(Items from a data source)
▼

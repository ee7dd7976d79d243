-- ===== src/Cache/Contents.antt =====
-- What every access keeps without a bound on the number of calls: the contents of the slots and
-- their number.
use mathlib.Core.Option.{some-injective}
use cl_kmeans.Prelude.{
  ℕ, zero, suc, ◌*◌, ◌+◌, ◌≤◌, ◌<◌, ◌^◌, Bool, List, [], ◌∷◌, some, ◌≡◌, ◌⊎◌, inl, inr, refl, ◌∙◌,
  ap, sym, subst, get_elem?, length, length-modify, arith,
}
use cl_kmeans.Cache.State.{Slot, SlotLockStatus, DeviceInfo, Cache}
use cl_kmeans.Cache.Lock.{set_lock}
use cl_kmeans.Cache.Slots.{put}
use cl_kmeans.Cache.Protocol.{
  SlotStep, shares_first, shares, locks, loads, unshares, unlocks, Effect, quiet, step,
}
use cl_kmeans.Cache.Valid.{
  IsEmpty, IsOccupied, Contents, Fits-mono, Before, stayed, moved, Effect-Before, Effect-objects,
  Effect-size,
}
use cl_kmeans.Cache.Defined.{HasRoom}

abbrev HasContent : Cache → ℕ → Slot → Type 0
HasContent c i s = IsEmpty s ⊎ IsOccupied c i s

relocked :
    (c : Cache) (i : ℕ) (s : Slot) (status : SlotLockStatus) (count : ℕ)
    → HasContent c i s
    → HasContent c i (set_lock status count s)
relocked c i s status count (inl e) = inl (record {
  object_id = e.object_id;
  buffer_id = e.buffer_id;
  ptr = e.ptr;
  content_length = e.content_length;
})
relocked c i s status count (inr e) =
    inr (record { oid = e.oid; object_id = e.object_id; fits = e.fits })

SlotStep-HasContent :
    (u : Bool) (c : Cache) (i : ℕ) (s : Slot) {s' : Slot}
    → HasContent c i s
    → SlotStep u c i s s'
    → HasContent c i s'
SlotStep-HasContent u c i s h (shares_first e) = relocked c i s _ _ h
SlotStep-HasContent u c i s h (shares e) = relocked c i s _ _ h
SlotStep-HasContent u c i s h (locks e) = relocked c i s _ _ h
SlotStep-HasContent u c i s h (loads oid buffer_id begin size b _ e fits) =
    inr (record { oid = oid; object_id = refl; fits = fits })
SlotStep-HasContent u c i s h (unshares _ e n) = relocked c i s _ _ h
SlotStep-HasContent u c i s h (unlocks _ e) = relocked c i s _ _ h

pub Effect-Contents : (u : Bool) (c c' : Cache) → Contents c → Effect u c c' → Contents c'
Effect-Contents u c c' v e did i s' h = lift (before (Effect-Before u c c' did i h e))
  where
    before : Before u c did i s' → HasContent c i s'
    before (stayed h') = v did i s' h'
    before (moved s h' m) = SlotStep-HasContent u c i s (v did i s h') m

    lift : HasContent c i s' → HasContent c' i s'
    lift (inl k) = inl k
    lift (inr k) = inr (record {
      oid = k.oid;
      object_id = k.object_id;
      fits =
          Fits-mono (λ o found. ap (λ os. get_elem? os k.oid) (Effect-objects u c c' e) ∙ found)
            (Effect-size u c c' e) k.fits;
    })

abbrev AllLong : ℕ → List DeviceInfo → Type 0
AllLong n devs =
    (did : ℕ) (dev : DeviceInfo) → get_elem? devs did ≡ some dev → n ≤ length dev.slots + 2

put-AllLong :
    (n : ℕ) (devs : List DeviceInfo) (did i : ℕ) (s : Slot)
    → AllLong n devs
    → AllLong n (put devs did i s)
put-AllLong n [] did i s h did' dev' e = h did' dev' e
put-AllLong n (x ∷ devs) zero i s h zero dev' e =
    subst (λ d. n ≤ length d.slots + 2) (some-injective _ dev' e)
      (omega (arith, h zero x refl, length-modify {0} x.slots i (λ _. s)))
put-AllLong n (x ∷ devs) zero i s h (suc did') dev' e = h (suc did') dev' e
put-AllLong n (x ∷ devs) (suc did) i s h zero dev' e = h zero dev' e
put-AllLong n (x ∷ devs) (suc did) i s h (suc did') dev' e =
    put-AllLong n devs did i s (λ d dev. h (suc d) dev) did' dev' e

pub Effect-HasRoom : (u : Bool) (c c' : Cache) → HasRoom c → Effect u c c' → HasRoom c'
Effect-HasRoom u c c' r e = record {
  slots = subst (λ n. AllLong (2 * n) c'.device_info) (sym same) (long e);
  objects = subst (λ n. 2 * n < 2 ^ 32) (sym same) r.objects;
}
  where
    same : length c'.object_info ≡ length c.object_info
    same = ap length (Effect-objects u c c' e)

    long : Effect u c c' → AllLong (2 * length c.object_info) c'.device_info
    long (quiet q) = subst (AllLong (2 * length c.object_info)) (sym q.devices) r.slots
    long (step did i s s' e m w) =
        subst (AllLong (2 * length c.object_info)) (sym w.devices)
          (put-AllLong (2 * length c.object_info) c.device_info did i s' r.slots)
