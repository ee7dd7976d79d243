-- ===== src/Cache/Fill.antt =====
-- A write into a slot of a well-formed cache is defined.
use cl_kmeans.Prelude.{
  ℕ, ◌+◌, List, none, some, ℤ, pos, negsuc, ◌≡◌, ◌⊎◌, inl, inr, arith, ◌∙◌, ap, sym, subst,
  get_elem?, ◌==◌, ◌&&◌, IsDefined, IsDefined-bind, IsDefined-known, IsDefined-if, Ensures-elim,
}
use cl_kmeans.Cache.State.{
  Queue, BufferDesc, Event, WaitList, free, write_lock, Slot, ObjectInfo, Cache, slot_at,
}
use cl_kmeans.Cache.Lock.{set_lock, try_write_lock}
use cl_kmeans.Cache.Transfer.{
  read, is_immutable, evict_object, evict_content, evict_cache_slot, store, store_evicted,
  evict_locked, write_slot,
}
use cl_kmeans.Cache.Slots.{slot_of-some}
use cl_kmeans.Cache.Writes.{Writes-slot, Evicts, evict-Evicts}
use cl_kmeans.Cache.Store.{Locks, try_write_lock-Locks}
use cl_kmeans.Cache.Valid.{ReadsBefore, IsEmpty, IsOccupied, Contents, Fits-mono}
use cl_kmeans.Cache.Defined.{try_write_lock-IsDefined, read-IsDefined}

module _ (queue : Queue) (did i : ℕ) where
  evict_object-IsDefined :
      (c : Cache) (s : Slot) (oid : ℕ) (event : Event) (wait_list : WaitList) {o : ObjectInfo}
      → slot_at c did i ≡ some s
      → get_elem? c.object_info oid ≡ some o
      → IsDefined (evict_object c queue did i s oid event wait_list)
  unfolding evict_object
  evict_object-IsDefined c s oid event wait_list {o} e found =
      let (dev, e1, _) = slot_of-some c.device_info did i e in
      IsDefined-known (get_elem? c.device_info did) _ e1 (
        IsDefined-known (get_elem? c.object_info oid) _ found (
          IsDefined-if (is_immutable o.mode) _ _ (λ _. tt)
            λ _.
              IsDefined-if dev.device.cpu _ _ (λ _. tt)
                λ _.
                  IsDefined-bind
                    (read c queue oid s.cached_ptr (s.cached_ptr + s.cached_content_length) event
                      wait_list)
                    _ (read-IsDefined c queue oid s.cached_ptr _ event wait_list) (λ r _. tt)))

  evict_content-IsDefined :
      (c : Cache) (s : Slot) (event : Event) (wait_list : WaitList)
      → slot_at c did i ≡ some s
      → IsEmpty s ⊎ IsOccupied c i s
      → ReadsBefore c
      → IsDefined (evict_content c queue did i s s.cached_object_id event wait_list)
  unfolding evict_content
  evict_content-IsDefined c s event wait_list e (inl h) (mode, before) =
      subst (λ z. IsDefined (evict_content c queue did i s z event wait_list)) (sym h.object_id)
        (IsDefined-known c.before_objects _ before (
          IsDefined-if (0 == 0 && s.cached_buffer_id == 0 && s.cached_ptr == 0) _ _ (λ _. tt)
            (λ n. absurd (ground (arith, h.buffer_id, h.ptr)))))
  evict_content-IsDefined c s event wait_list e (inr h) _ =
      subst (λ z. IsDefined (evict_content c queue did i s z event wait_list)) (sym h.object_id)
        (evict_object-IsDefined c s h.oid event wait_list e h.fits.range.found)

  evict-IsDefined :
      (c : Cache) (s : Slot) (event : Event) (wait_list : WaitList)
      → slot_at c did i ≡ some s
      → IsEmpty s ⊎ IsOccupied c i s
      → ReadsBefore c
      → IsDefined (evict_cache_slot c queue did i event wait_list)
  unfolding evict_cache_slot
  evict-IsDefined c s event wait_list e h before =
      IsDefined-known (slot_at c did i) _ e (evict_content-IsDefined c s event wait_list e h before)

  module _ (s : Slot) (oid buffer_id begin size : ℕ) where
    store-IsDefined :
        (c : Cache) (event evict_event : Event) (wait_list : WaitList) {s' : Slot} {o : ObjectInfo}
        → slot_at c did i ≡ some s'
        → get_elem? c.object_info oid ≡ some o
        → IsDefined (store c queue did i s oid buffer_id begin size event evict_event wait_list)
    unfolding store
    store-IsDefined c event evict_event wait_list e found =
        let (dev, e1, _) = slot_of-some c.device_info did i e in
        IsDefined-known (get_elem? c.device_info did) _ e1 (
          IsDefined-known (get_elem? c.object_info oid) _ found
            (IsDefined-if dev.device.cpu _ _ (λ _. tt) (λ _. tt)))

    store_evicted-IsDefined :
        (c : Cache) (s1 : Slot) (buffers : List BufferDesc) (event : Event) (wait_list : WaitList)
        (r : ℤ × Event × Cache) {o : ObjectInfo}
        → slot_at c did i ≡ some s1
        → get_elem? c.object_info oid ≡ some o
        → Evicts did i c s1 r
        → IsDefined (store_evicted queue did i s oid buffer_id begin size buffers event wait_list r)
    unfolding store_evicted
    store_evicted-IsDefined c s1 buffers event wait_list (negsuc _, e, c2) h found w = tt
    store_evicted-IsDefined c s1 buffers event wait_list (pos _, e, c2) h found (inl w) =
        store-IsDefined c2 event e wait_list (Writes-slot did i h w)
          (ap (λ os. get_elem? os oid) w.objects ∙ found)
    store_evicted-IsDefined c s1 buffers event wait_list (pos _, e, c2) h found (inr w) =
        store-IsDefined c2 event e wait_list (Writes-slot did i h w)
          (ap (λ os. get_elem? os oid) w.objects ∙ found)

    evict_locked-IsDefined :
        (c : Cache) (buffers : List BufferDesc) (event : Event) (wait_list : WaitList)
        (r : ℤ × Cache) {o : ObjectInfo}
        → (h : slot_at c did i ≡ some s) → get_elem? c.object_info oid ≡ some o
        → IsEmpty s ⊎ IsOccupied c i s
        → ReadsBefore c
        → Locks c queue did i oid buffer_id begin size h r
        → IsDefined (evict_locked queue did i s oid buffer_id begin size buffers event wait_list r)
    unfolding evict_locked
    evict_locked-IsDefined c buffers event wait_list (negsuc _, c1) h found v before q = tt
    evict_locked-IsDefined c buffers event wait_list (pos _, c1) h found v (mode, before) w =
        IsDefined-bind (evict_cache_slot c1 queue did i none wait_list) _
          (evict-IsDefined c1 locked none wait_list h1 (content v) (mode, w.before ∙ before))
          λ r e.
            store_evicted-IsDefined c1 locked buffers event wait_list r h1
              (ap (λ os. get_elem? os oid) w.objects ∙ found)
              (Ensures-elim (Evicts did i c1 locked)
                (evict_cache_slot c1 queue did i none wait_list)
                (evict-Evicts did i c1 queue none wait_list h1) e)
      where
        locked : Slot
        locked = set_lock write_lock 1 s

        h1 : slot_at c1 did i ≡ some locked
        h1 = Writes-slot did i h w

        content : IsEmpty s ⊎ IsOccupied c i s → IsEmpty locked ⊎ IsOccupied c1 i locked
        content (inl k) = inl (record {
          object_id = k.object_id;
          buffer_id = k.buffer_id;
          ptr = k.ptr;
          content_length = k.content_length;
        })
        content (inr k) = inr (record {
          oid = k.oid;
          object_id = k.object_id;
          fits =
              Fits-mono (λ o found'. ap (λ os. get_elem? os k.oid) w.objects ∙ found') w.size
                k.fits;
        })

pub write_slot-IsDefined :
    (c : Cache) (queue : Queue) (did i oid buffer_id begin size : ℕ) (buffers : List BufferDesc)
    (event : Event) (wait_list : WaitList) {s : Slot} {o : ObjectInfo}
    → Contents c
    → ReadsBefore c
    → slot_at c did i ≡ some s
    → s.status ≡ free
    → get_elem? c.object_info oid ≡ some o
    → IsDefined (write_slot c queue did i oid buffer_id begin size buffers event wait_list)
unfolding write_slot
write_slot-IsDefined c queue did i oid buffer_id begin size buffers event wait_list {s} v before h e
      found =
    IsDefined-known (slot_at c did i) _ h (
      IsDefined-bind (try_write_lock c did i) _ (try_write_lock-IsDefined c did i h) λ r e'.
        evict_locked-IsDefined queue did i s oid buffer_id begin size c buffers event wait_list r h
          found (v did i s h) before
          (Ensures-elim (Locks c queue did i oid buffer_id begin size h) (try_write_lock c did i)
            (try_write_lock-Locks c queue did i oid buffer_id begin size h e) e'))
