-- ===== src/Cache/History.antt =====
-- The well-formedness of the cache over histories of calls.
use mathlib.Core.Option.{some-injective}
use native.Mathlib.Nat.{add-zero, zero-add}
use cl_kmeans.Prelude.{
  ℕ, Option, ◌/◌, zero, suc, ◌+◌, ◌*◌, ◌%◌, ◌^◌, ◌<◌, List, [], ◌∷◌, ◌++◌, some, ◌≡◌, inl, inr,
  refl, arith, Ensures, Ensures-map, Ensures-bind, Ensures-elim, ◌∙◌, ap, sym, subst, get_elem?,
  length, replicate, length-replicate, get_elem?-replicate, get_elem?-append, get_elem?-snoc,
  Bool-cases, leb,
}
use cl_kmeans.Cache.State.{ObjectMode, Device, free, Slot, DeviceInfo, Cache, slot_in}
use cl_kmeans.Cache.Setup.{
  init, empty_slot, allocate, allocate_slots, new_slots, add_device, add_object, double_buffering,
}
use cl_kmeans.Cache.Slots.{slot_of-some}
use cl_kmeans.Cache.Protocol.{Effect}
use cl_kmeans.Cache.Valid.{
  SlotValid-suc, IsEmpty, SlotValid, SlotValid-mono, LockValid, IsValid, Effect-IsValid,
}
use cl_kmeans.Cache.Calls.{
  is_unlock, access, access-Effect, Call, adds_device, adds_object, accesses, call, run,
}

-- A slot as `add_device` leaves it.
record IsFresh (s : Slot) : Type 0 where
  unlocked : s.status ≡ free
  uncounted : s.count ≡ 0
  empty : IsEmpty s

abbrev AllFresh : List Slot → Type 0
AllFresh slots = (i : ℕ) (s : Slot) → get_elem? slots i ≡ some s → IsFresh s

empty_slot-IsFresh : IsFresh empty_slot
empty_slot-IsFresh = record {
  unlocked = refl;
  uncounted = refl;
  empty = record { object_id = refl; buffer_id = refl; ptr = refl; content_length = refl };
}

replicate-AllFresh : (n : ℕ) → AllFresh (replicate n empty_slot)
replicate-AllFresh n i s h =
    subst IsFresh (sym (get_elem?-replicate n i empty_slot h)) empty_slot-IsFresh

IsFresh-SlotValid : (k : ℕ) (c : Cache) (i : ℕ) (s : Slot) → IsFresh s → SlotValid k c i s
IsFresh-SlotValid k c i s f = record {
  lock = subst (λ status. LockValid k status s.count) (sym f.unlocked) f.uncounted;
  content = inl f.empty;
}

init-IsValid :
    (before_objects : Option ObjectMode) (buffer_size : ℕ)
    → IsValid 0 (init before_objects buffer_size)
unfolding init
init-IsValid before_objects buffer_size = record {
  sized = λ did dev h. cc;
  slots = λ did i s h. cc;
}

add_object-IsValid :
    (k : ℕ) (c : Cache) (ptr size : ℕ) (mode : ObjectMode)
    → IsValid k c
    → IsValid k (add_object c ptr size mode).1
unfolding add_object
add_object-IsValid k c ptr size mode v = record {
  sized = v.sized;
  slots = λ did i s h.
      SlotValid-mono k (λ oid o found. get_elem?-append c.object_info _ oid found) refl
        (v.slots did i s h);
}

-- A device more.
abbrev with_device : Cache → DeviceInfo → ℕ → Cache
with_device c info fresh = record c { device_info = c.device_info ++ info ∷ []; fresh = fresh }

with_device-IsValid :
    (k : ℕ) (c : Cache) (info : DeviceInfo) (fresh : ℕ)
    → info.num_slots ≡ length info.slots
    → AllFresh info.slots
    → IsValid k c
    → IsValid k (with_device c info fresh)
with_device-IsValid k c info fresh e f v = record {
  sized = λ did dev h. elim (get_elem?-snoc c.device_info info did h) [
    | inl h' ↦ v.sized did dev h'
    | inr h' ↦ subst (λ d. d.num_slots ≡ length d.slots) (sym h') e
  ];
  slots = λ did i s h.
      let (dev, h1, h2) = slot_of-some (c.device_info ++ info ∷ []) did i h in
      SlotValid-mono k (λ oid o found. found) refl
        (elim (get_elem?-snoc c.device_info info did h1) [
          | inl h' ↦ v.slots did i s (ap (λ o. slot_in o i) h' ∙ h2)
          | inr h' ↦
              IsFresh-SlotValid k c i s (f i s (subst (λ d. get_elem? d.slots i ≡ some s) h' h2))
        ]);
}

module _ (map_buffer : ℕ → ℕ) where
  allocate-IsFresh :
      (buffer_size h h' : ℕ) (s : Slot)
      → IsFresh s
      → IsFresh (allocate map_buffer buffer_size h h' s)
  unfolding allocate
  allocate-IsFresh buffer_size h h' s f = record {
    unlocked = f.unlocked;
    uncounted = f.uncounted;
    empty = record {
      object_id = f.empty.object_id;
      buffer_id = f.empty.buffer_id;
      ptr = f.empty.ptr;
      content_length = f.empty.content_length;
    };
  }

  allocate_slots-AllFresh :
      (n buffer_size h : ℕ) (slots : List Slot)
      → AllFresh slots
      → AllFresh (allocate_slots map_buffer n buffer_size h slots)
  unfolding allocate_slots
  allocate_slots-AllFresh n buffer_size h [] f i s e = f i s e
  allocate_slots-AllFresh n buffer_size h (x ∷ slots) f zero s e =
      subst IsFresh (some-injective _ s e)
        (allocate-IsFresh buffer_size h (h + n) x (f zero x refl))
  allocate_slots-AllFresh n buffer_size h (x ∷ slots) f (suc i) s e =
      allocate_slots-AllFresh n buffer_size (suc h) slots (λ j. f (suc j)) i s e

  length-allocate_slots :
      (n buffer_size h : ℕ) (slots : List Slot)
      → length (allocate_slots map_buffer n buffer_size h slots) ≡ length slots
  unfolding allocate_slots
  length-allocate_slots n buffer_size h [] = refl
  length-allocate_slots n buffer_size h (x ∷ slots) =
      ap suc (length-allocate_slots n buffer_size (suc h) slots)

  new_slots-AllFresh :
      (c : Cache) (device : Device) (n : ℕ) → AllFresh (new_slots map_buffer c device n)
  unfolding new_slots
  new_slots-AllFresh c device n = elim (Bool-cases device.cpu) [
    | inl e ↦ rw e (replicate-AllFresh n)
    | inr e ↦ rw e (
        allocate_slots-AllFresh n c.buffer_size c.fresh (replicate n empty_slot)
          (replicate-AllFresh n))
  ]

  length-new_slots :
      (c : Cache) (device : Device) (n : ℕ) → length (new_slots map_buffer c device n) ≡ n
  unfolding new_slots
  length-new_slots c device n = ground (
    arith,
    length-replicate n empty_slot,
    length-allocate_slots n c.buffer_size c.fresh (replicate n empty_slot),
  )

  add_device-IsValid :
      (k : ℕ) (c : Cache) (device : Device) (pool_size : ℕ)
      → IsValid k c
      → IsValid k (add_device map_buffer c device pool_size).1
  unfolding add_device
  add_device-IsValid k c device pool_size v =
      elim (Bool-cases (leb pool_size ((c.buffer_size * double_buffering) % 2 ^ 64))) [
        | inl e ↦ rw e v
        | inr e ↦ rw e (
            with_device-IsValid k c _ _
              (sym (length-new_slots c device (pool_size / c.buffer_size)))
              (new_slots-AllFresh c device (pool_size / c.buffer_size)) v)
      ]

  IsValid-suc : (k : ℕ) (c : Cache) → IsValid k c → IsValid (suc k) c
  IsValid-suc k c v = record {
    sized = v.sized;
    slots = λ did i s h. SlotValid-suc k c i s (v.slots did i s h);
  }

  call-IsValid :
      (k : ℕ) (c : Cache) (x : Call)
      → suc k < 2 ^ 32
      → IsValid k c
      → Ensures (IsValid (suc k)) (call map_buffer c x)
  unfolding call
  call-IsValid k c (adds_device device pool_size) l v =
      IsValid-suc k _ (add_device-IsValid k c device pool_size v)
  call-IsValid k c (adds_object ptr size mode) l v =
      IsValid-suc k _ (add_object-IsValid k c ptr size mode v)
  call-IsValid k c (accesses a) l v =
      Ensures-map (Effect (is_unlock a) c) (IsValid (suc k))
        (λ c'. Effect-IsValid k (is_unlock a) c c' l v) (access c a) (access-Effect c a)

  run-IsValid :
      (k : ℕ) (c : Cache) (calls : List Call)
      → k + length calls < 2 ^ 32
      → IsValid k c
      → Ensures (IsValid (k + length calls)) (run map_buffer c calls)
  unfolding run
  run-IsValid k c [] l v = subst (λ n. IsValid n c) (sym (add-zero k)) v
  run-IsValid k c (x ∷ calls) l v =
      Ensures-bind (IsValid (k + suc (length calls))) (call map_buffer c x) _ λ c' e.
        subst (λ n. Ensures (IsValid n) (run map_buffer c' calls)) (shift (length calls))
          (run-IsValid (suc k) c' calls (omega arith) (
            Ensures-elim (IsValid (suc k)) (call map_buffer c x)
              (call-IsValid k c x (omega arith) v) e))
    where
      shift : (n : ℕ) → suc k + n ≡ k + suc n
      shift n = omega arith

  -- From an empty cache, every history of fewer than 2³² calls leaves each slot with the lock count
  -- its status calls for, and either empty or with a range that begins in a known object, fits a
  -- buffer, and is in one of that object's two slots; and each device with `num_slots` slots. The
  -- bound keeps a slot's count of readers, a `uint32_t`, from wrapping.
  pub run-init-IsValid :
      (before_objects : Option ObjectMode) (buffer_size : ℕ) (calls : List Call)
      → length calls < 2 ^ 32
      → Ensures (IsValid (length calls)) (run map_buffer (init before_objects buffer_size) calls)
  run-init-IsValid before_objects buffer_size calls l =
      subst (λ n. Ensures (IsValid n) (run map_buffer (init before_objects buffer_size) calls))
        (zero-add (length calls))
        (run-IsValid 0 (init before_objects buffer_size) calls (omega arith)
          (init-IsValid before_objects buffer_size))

▲

ABOUT THIS EXERCISE:
Could you set down, exactly as written, the lines above between the one holding "(Effect-size u c c' e) k.fits;" and the one holding "(omega (arith, h", inclusive, and nothing more?

ANSWER FOR THE TASK:
            (Effect-size u c c' e) k.fits;
    })

abbrev AllLong : ℕ → List DeviceInfo → Type 0
AllLong n devs =
    (did : ℕ) (dev : DeviceInfo) → get_elem? devs did ≡ some dev → n ≤ length dev.slots + 2

put-AllLong :
    (n : ℕ) (devs : List DeviceInfo) (did i : ℕ) (s : Slot)
    → AllLong n devs
    → AllLong n (put devs did i s)
put-AllLong n [] did i s h did' dev' e = h did' dev' e
put-AllLong n (x ∷ devs) zero i s h zero dev' e =
    subst (λ d. n ≤ length d.slots + 2) (some-injective _ dev' e)
      (omega (arith, h zero x refl, length-modify {0} x.slots i (λ _. s)))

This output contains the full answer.